Fatigue: Is it all neurochemistry?
Published in European Journal of Sport Science, 2018
More recently, Hasegawa et al. (2008), Hasegawa, Ishiwata, et al. (2005) and Hasegawa, Meeusen, et al. (2005) performed a series of experiments on the effects of tetrodotoxin (TTX) and bupropion (a DA/NA reuptake inhibitor) on exercise behaviour and/or thermoregulation in freely moving or exercising rats. TTX, a poison of the Japanese puffer fish that acts as a sodium channel blocker, is widely used for blockage of neurotransmission in specific brain regions. When employed together with brain microdialysis, this method can be used to elucidate possible mechanisms of neurotransmitter action (Hasegawa, Ishiwata, et al., 2005).
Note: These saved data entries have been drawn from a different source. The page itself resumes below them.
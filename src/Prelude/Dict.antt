-- ===== src/Prelude/Dict.antt =====
-- A Go map from player ids, as an association list. The list's order has no meaning: where the
-- source ranges over a map, the model takes the order of the visit as a parameter.
use Prim.Native.Nat.{ℕ, ◌+◌}
use mathlib.Core.Path.{◌≡◌, refl}
use mathlib.Core.List.{List, [], ◌∷◌}
use mathlib.Core.Option.{Option, none, some}
use native.Mathlib.Omega.{arith}
use holdem.Prelude.Tests.{◌==◌, if◌then◌else◌}
use holdem.Prelude.Lists.{sum_of}

abbrev pub Dict {ℓ} : Type ℓ → Type ℓ
Dict V = List (ℕ × V)

module _ {ℓ} {V : Type ℓ} where
  -- `v, ok := m[k]`
  abbrev pub lookup : ℕ → Dict V → Option V
  lookup k [] = none
  lookup k ((j, v) ∷ m) = if j == k then some v else lookup k m

  -- `m[k] = v`
  abbrev pub insert : ℕ → V → Dict V → Dict V
  insert k v [] = (k, v) ∷ []
  insert k v ((j, w) ∷ m) = if j == k then (k, v) ∷ m else (j, w) ∷ insert k v m

  abbrev pub keys : Dict V → List ℕ
  keys [] = []
  keys ((k, v) ∷ m) = k ∷ keys m

  pub lookup-insert :
      (k j : ℕ) (v : V) (m : Dict V)
      → lookup j (insert k v m) ≡ (if k == j then some v else lookup j m)
  lookup-insert k j v [] = refl
  lookup-insert k j v ((i, w) ∷ m) = ground (arith, lookup-insert k j v m)

-- The sum of the values.
abbrev pub total : Dict ℕ → ℕ
total = sum_of (λ e. e.1)

-- `m[k]`, which reads a missing key as zero.
abbrev pub get_or : ℕ → Dict ℕ → ℕ
get_or k m = elim (lookup k m) [ none ↦ 0 | some v ↦ v ]

-- `m[k] += n`
abbrev pub add_to : ℕ → ℕ → Dict ℕ → Dict ℕ
add_to k n m = insert k (get_or k m + n) m

pub total-insert_new :
    (k v : ℕ) (m : Dict ℕ) → lookup k m ≡ none → total (insert k v m) ≡ total m + v
total-insert_new k v [] h = omega arith
total-insert_new k v ((j, w) ∷ m) h = ground (arith, total-insert_new k v m)

pub total-insert :
    (k v old : ℕ) (m : Dict ℕ) → lookup k m ≡ some old → total (insert k v m) + old ≡ total m + v
total-insert k v old [] h = cc
total-insert k v old ((j, w) ∷ m) h = ground (arith, total-insert k v old m)

-- Adding to one key adds as much to the sum.
pub total-add_to : (k n : ℕ) (m : Dict ℕ) → total (add_to k n m) ≡ total m + n
total-add_to k n [] = omega arith
total-add_to k n ((j, w) ∷ m) = ground (arith, total-add_to k n m)

pub lookup-add_to :
    (k j n : ℕ) (m : Dict ℕ)
    → get_or j (add_to k n m) ≡ (if k == j then get_or j m + n else get_or j m)
lookup-add_to k j n m = ground (arith, lookup-insert k j (get_or k m + n) m)
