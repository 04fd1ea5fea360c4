-- ===== src/Cards.antt =====
-- services/engine/internal/domain/card.go: suits, ranks, cards and their text. `Suit` and `Rank` are
-- the source's bytes; a Go string is the list of its bytes, so "♠" is three of them.
mod Tests
pub mod Deck
pub mod Parser
pub use holdem.Prelude.Text.{Bytes}
use holdem.Prelude.{ℕ, ◌≡◌, Bool, ◌&&◌, leb, ◌==◌, Option, none, some, List, [], ◌∷◌, ◌++◌}
use holdem.Prelude.Dict.{Dict, lookup}

abbrev pub Suit : Type 0
Suit = ℕ

abbrev pub spades : Suit
spades = 0

abbrev pub hearts : Suit
hearts = 1

abbrev pub diamonds : Suit
diamonds = 2

abbrev pub clubs : Suit
clubs = 3

abbrev pub Rank : Type 0
Rank = ℕ

abbrev pub two : Rank
two = 2

abbrev pub three : Rank
three = 3

abbrev pub four : Rank
four = 4

abbrev pub five : Rank
five = 5

abbrev pub ten : Rank
ten = 10

abbrev pub ace : Rank
ace = 14

-- a `switch` over constants with a default
abbrev pub or_default {ℓ} : {A : Type ℓ} → Option A → A → A
or_default none d = d
or_default (some a) d = a

abbrev unknown_text : Bytes
unknown_text = b'?' ∷ []

abbrev pub spade_text : Bytes
spade_text = 0xe2 ∷ 0x99 ∷ 0xa0 ∷ []

abbrev pub heart_text : Bytes
heart_text = 0xe2 ∷ 0x99 ∷ 0xa5 ∷ []

abbrev pub diamond_text : Bytes
diamond_text = 0xe2 ∷ 0x99 ∷ 0xa6 ∷ []

abbrev pub club_text : Bytes
club_text = 0xe2 ∷ 0x99 ∷ 0xa3 ∷ []

abbrev pub suit_names : Dict Bytes
suit_names =
    (spades, spade_text) ∷ (hearts, heart_text) ∷ (diamonds, diamond_text) ∷ (clubs, club_text) ∷ []

-- `Suit.String`
pub suit_string : Suit → Bytes
suit_string s = or_default (lookup s suit_names) unknown_text

abbrev pub rank_names : Dict Bytes
rank_names =
    (2, b'2' ∷ [])
    ∷ (3, b'3' ∷ [])
    ∷ (4, b'4' ∷ [])
    ∷ (5, b'5' ∷ [])
    ∷ (6, b'6' ∷ [])
    ∷ (7, b'7' ∷ [])
    ∷ (8, b'8' ∷ [])
    ∷ (9, b'9' ∷ [])
    ∷ (10, b'T' ∷ [])
    ∷ (11, b'J' ∷ [])
    ∷ (12, b'Q' ∷ [])
    ∷ (13, b'K' ∷ [])
    ∷ (14, b'A' ∷ [])
    ∷ []

-- `Rank.String`
pub rank_string : Rank → Bytes
rank_string r = or_default (lookup r rank_names) unknown_text

pub record Card : Type 0 where
  pub rank : Rank
  pub suit : Suit

-- `NewCard`
abbrev pub new_card : Rank → Suit → Card
new_card r s = record { rank = r; suit = s }

-- `Card.String`
pub card_string : Card → Bytes
card_string c = rank_string c.rank ++ suit_string c.suit

-- `Card.IsValid`
unfoldable pub is_valid : Card → Bool
is_valid c = leb two c.rank && leb c.rank ace && (leb spades c.suit && leb c.suit clubs)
Hasegawa, Ishiwata, et al. (2005) concluded that perfusion of TTX into the PO/AH induced a significant increase in body temperature with a significant decrease in tail temperature and an elevation in heart rate. Interestingly, the TTX-induced hyperthermia was found without a change in exercise behaviour. Hasegawa, Meeusen, et al. (2005) and Hasegawa et al. (2008) looked at the effects of bupropion on thermoregulation and brain neurotransmitter levels in freely moving rats and on performance in exercising rats. In freely moving rats, the injection of the dual DA and NA reuptake inhibitor induced a significant increase in brain and core temperature with a decrease in heat loss responses (decreased tail temperature). These thermal responses were accompanied by an increase of the extracellular concentrations of NA and DA with no effect on serotonin release in the PO/AH (Hasegawa, Meeusen, et al., 2005). In a follow-up experiment the rats were forced to exercise at a speed of 26 m min−1 on a treadmill until exhaustion at 18°C (no drug), 30°C with saline or 30°C with bupropion (Hasegawa et al., 2008). Running time to exhaustion was significantly shorter at 30°C than at 18°C. At 30°C, running time to exhaustion was significantly increased by bupropion compared with the saline condition. Furthermore, significantly higher brain and core temperatures were observed in the bupropion trial. These changes in brain and core temperature were accompanied by an increase in the extracellular concentrations of DA and NA in the PO/AH.